Least Surface Area Problem

**WartonMorton** · April 13th 2010, 10:50 AM

Please see attachment.

**earboth** · April 13th 2010, 10:52 AM

Originally Posted by WartonMorton

Please see attachment.

I can't see any attachment

**WartonMorton** · April 13th 2010, 11:03 AM

Originally Posted by earboth

I can't see any attachment

Sorry about that. I think I figured out how to attach it now.
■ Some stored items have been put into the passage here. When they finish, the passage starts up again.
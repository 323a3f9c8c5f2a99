-- ===== src/AccessGate/Serve/Watching.antt =====
-- How long a forwarded request lives.
use showroom_msp_chat_ui.Prelude.{
  String, ◌≡◌, ap, ◌≢◌, ◌↔◌, inl, inr, List, [], ◌∷◌, arith, Bool-cases, ==-true, ◌∙◌, true, eq_iff,
}
use showroom_msp_chat_ui.AccessGate.{Gate, ok}
use showroom_msp_chat_ui.AccessGate.Serve.{done, tick, cancelled, watch, Event, recheck}
use showroom_msp_chat_ui.AccessGate.Authorize.{Identity, authorize, World}
use showroom_msp_chat_ui.Errors.{Result-cases}

-- Every recheck before the end of the request was granted the identity that the request has.
abbrev pub StillGranted : Gate → String → String → List Event → Type 0
StillGranted g token identity [] = Unit
StillGranted g token identity (done ∷ events) = Unit
StillGranted g token identity (tick w ∷ events) =
    ((current : Identity) × (authorize g.config w token ≡ ok current) × (current.name ≡ identity))
    × StillGranted g token identity events

recheck_iff :
    (g : Gate) (token identity : String) (w : World)
    → (recheck g token identity w ≡ true) ↔ (
        (current : Identity) × (authorize g.config w token ≡ ok current)
        × (current.name ≡ identity))
unfolding recheck
recheck_iff g token identity w = elim (Result-cases (authorize g.config w token)) [
  | inl (i, granted) ↦ (
    λ h. (i, granted, ==-true (rw (granted, recheck) at h)),
    λ (j, k, same).
        let e : i ≡ j = ground (arith, granted, k) in
        rw (granted, recheck) ((eq_iff i.name identity).1 (ap (λ t. t.name) e ∙ same)),
  )
  | inr (e, refused) ↦ (λ h. ground arith, λ (j, k, same). ground arith)
]

-- A forwarded request is not cancelled exactly when each recheck up to its end was authorized, by
-- what KCP and the clock said then, as the identity that the request was forwarded with.
pub watch_iff :
    (g : Gate) (token identity : String) (events : List Event)
    → (watch g token identity events ≢ cancelled) ↔ StillGranted g token identity events
unfolding watch
watch_iff g token identity [] = (λ _. tt, λ _ e. cc)
watch_iff g token identity (done ∷ events) = (λ _. tt, λ _ e. cc)
watch_iff g token identity (tick w ∷ events) =
    let (f, b) = watch_iff g token identity events in
    let (r, t) = recheck_iff g token identity w in
    elim (Bool-cases (recheck g token identity w)) [
      | inl kept ↦ (λ h. (r kept, f (rw (kept, watch) at h)), λ (_, k). rw (kept, watch) (b k))
      | inr lost ↦ (λ h. absurd (h (rw (lost, watch))), λ (i, _). absurd (ground (arith, t i)))
    ]
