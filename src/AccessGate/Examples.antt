-- ===== src/AccessGate/Examples.antt =====
-- The theorems on internal/accessgate/gate.go at one gate, one request and what KCP may answer it.
use showroom_msp_chat_ui.Prelude.{
  ℕ, String, ◌≡◌, refl, sym, ◌∙◌, ◌≢◌, false, none, some, List, [], ◌∷◌, ◌==◌, ==-false,
}
use Prim.Native.String.{◌++◌}
use showroom_msp_chat_ui.AccessPolicy.{Source, path}
use showroom_msp_chat_ui.AccessGate.{Gate, token_header}
use showroom_msp_chat_ui.AccessGate.Header.{Header, values, canonical}
use showroom_msp_chat_ui.AccessGate.Rewrite.{CookieJar, rewrite}
use showroom_msp_chat_ui.AccessGate.Rewrite.Trusted.{trusted, IsCanonical, rewrite-trusted}
use showroom_msp_chat_ui.AccessGate.Authorize.{
  SourceObject, Claims, World, Identity, authorize, oidc_identity,
}
use showroom_msp_chat_ui.AccessGate.Serve.{
  Request, serve, watch, Event, tick, done, forward, recheck, ended, cancelled, is_upgrade,
  is_unsafe, allowed_auth_path,
}
use showroom_msp_chat_ui.AccessGate.Authorize.Granting.{IsPermitted, IsClaimed, authorize_iff}
use showroom_msp_chat_ui.AccessGate.Serve.Admission.{IsAdmitted, serve_not_admitted, serve_iff}
use showroom_msp_chat_ui.AccessGate.Serve.Watching.{StillGranted, watch_iff}
use showroom_msp_chat_ui.Dictionary.{lookup}
use showroom_msp_chat_ui.Text.{contains_any, split, pick, clean}
use showroom_msp_chat_ui.Errors.{ok}
use showroom_msp_chat_ui.HostnamePolicy.{hex}

abbrev source : Source
source = record { cluster = "c1"; namespace = "team"; name = "chat"; uid = "s1" }

abbrev gate : Gate
gate = record {
  config = record {
    kcp_server = "https://kcp.example.org";
    kcp_ca = "";
    public_url = "https://ui.example.org";
    issuer = "https://id.example.org";
    client_id = "client";
    source = source;
  };
  host = "ui.example.org";
  upstream = record {
    scheme = "http";
    hostname = "127.0.0.1";
    host = "127.0.0.1:8081";
    has_user = false;
    raw_query = "";
    fragment = "";
    raw_path = "";
    path = "";
  };
}

abbrev live_object : SourceObject
live_object = record {
  api_version = "ui.privatellms.msp/v1alpha1";
  kind = "ChatUIInstance";
  name = "chat";
  namespace = "team";
  uid = "s1";
  deletion_timestamp = none;
  annotations = ("kcp.io/cluster", "c1") ∷ [];
}

abbrev claims : Claims
claims = record {
  issuer = "https://id.example.org";
  subject = "alice";
  audience = "[]";
  expires = 50;
  authorized_party = "client";
}

abbrev world_at : ℕ → World
world_at n = record {
  request_fault = λ url. none;
  get_object = λ url token. some (record { status = 200; body = some "{}" });
  read_object = λ body. some live_object;
  read_payload = λ part. some part;
  read_claims = λ payload. some claims;
  read_texts = λ raw. some ("other" ∷ "client" ∷ []);
  read_text = λ raw. none;
  sha256 = λ text. 18 ∷ 171 ∷ [];
  now = n;
}

abbrev alice : Identity
alice = record { name = "12ab@chatui.invalid"; expires = 50 }

abbrev request : Request
request = record {
  host = "ui.example.org";
  method = "POST";
  path = "/api/../api/chats";
  header = ("Origin", "https://ui.example.org" ∷ []) ∷ ("X-Chatui-Oidc-Token", "h.p.s" ∷ []) ∷ [];
}

abbrev foreign_request : Request
foreign_request = record request { host = "other.example.org" }

abbrev header : Header
header = ("X-Remote-User", "root" ∷ []) ∷ ("Accept", "text/html" ∷ []) ∷ []

abbrev jar : CookieJar
jar = record {
  read = λ lines. record { name = "theme"; value = "dark" } ∷ [];
  render = λ c. c.name ++ ("=" ++ c.value);
}

alice-authorized : authorize gate.config (world_at 7) "h.p.s" ≡ ok alice
unfolding authorize oidc_identity path contains_any lookup split hex pick
alice-authorized = refl

authorize_iff_example :
    IsPermitted gate.config (world_at 7) "h.p.s" × IsClaimed gate.config (world_at 7) "h.p.s" alice
authorize_iff_example = (authorize_iff gate.config (world_at 7) "h.p.s" alice).0 alice-authorized

request-forwarded : serve gate (world_at 7) request ≡ forward alice
unfolding serve authorize oidc_identity path contains_any lookup split hex pick canonical clean
    is_upgrade is_unsafe allowed_auth_path
request-forwarded = refl

serve_iff_example :
    IsAdmitted gate request
    × ((token : String) × (values token_header request.header ≡ token ∷ [])
        × (authorize gate.config (world_at 7) token ≡ ok alice))
serve_iff_example = (serve_iff gate (world_at 7) request alice).0 request-forwarded

foreign_request-refused : ¬ IsAdmitted gate foreign_request
foreign_request-refused a = let e : foreign_request.host ≡ gate.host = a.host in cc

serve_not_admitted_example :
    (serve gate (world_at 7) foreign_request ≡ serve gate (world_at 70) foreign_request)
    × ((i : Identity) → serve gate (world_at 7) foreign_request ≢ forward i)
serve_not_admitted_example =
    serve_not_admitted gate (world_at 7) (world_at 70) foreign_request foreign_request-refused

abbrev events : List Event
events = tick (world_at 8) ∷ tick (world_at 18) ∷ done ∷ tick (world_at 60) ∷ []

events-watched : watch gate "h.p.s" alice.name events ≡ ended
unfolding watch recheck authorize oidc_identity path contains_any lookup split hex pick
events-watched = refl

ended-ne-cancelled : ended ≢ cancelled
ended-ne-cancelled e = cc

watch_iff_example : StillGranted gate "h.p.s" alice.name events
watch_iff_example =
    (watch_iff gate "h.p.s" alice.name events).0 (λ e. ended-ne-cancelled (sym events-watched ∙ e))

header-IsCanonical : IsCanonical header
unfolding canonical
header-IsCanonical = (refl, (refl, tt))

accept-ne-cookie : "Accept" == "Cookie" ≡ false
accept-ne-cookie = refl

rewrite-trusted_example :
    (lookup "Accept" (rewrite jar gate alice.name header).header
      ≡ trusted gate alice.name header "Accept")
    × ((rewrite jar gate alice.name header).host ≡ gate.host)
    × ((rewrite jar gate alice.name header).target ≡ gate.upstream)
rewrite-trusted_example =
    rewrite-trusted jar gate alice.name header "Accept" header-IsCanonical
      (==-false accept-ne-cookie)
**running-gag** · April 13th 2010, 11:16 AM

Hi

Let R be the radius of the cylinder and L its length

The volume is $V_0 = \pi R^2L + \frac43 \pi R^3 = 13.4 cm^3$

From this expression you can find L as a function of R

The area is $A(R,L) = 2\pi RL + 4 \pi R^2$

Substitute L function of R to get A(R)

Calculate A'(R) to find the value of R which minimizes the area

**WartonMorton** · April 13th 2010, 11:20 AM

Originally Posted by running-gag

Hi

Let R be the radius of the cylinder and L its length

The volume is $V_0 = \pi R^2L + \frac43 \pi R^3 = 13.4 cm^3$

From this expression you can find L as a function of R

The area is $A(R,L) = 2\pi RL + 4 \pi R^2$

Substitute L function of R to get A(R)

Calculate A'(R) to find the value of R which minimizes the area

I got 1.845, how does this match up to what you got?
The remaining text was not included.